*** Opening of Extracted entries ***

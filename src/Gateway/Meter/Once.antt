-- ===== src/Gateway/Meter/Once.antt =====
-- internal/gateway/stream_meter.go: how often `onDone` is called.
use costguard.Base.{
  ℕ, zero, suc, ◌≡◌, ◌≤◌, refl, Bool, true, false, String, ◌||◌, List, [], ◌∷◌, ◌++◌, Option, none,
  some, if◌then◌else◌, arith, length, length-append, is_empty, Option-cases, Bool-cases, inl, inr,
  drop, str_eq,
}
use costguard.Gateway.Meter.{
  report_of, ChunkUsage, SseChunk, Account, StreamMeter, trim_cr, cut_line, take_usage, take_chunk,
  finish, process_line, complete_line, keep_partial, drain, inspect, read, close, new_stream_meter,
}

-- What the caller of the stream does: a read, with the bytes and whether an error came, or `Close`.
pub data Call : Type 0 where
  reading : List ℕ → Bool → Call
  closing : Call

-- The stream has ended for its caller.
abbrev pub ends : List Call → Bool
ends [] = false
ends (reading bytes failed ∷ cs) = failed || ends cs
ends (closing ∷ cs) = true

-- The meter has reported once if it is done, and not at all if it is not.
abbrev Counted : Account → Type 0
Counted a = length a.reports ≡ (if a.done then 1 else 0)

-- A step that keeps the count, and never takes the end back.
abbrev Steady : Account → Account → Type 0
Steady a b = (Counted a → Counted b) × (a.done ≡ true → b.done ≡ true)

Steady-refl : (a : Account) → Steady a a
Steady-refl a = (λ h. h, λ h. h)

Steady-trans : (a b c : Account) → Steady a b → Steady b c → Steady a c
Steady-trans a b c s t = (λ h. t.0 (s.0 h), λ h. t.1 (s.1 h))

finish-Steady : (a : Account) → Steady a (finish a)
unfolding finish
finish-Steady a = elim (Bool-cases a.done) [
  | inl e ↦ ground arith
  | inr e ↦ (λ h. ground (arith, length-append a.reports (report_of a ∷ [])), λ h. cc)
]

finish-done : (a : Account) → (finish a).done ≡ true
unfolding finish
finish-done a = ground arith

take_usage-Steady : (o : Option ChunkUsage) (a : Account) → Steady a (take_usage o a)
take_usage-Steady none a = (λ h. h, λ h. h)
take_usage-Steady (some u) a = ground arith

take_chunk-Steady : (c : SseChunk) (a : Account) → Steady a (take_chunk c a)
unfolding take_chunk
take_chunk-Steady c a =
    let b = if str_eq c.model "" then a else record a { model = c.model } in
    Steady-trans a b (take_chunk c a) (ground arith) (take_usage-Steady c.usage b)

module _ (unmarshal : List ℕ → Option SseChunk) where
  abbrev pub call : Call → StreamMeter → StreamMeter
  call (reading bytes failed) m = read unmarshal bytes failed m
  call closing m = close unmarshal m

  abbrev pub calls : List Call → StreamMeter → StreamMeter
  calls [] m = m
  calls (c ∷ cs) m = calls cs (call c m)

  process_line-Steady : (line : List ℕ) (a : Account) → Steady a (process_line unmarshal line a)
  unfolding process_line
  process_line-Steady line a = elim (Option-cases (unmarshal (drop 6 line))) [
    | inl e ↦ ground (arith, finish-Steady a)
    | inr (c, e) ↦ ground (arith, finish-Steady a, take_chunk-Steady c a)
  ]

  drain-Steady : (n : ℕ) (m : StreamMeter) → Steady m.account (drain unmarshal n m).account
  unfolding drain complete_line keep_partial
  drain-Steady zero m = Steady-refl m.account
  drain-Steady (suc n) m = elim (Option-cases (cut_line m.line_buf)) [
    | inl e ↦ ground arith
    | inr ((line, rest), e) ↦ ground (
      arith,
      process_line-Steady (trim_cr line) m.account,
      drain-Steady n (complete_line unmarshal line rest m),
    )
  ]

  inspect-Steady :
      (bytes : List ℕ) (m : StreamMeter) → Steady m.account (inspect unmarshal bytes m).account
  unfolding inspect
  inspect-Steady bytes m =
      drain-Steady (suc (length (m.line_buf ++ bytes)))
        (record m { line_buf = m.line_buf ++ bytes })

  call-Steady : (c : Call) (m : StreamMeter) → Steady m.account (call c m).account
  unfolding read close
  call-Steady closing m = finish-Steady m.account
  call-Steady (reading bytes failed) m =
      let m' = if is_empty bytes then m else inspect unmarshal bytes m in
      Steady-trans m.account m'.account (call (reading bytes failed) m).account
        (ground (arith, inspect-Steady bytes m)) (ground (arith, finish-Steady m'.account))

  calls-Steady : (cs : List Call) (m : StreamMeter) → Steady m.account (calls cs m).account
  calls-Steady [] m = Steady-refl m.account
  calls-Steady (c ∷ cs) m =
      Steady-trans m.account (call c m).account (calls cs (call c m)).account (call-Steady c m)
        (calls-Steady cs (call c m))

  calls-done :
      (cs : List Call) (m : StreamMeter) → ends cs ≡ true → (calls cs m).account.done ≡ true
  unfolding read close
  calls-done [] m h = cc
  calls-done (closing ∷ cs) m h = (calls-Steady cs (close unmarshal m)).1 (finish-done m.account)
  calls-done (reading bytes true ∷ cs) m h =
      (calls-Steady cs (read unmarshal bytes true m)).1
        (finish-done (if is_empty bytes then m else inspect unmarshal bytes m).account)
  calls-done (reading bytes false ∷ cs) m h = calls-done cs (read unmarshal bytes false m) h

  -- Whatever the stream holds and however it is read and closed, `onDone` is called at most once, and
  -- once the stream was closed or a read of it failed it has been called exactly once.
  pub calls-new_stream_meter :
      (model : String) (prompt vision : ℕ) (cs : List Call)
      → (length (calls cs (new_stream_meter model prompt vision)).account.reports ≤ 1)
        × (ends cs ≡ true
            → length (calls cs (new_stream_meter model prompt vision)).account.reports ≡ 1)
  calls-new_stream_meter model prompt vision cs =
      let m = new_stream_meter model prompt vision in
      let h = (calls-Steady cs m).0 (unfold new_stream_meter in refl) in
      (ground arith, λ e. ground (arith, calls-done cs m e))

*** Close of Extracted entries ***
*** Opening of Extracted entries ***

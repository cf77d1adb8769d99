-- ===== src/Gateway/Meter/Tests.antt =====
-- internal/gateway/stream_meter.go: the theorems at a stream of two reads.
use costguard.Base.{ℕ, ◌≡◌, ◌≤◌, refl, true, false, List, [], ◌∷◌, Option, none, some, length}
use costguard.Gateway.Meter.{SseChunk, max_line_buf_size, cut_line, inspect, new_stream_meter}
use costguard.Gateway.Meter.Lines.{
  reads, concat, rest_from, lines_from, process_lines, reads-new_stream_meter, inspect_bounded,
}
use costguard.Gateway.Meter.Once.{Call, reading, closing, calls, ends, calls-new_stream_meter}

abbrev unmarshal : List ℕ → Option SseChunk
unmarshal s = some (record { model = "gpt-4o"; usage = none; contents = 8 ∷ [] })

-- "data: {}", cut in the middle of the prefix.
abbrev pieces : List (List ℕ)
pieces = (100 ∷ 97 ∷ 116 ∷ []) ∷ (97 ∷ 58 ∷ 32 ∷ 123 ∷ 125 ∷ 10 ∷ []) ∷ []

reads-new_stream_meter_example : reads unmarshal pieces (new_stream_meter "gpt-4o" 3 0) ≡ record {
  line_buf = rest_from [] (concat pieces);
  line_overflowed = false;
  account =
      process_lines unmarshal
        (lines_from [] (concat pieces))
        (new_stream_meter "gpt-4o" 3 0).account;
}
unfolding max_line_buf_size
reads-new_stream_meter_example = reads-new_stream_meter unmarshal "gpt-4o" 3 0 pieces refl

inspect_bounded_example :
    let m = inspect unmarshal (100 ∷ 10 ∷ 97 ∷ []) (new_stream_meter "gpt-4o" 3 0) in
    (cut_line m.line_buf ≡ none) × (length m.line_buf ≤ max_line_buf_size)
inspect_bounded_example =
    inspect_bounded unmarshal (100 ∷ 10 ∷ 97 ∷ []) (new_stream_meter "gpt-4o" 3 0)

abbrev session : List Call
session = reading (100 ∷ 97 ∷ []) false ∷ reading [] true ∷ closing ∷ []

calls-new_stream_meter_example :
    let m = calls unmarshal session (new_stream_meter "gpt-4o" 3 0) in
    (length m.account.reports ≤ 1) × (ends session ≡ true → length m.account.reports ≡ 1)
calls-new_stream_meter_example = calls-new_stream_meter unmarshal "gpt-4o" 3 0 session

*** Close of Extracted entries ***

Only the lines above from the one with "let m = inspect" through the one with "calls-new_stream_meter_example = calls-new_stream_meter" should be duplicated, character for character.

» Output
    let m = inspect unmarshal (100 ∷ 10 ∷ 97 ∷ []) (new_stream_meter "gpt-4o" 3 0) in
    (cut_line m.line_buf ≡ none) × (length m.line_buf ≤ max_line_buf_size)
inspect_bounded_example =
    inspect_bounded unmarshal (100 ∷ 10 ∷ 97 ∷ []) (new_stream_meter "gpt-4o" 3 0)

abbrev session : List Call
session = reading (100 ∷ 97 ∷ []) false ∷ reading [] true ∷ closing ∷ []

calls-new_stream_meter_example :
    let m = calls unmarshal session (new_stream_meter "gpt-4o" 3 0) in
    (length m.account.reports ≤ 1) × (ends session ≡ true → length m.account.reports ≡ 1)
calls-new_stream_meter_example = calls-new_stream_meter unmarshal "gpt-4o" 3 0 session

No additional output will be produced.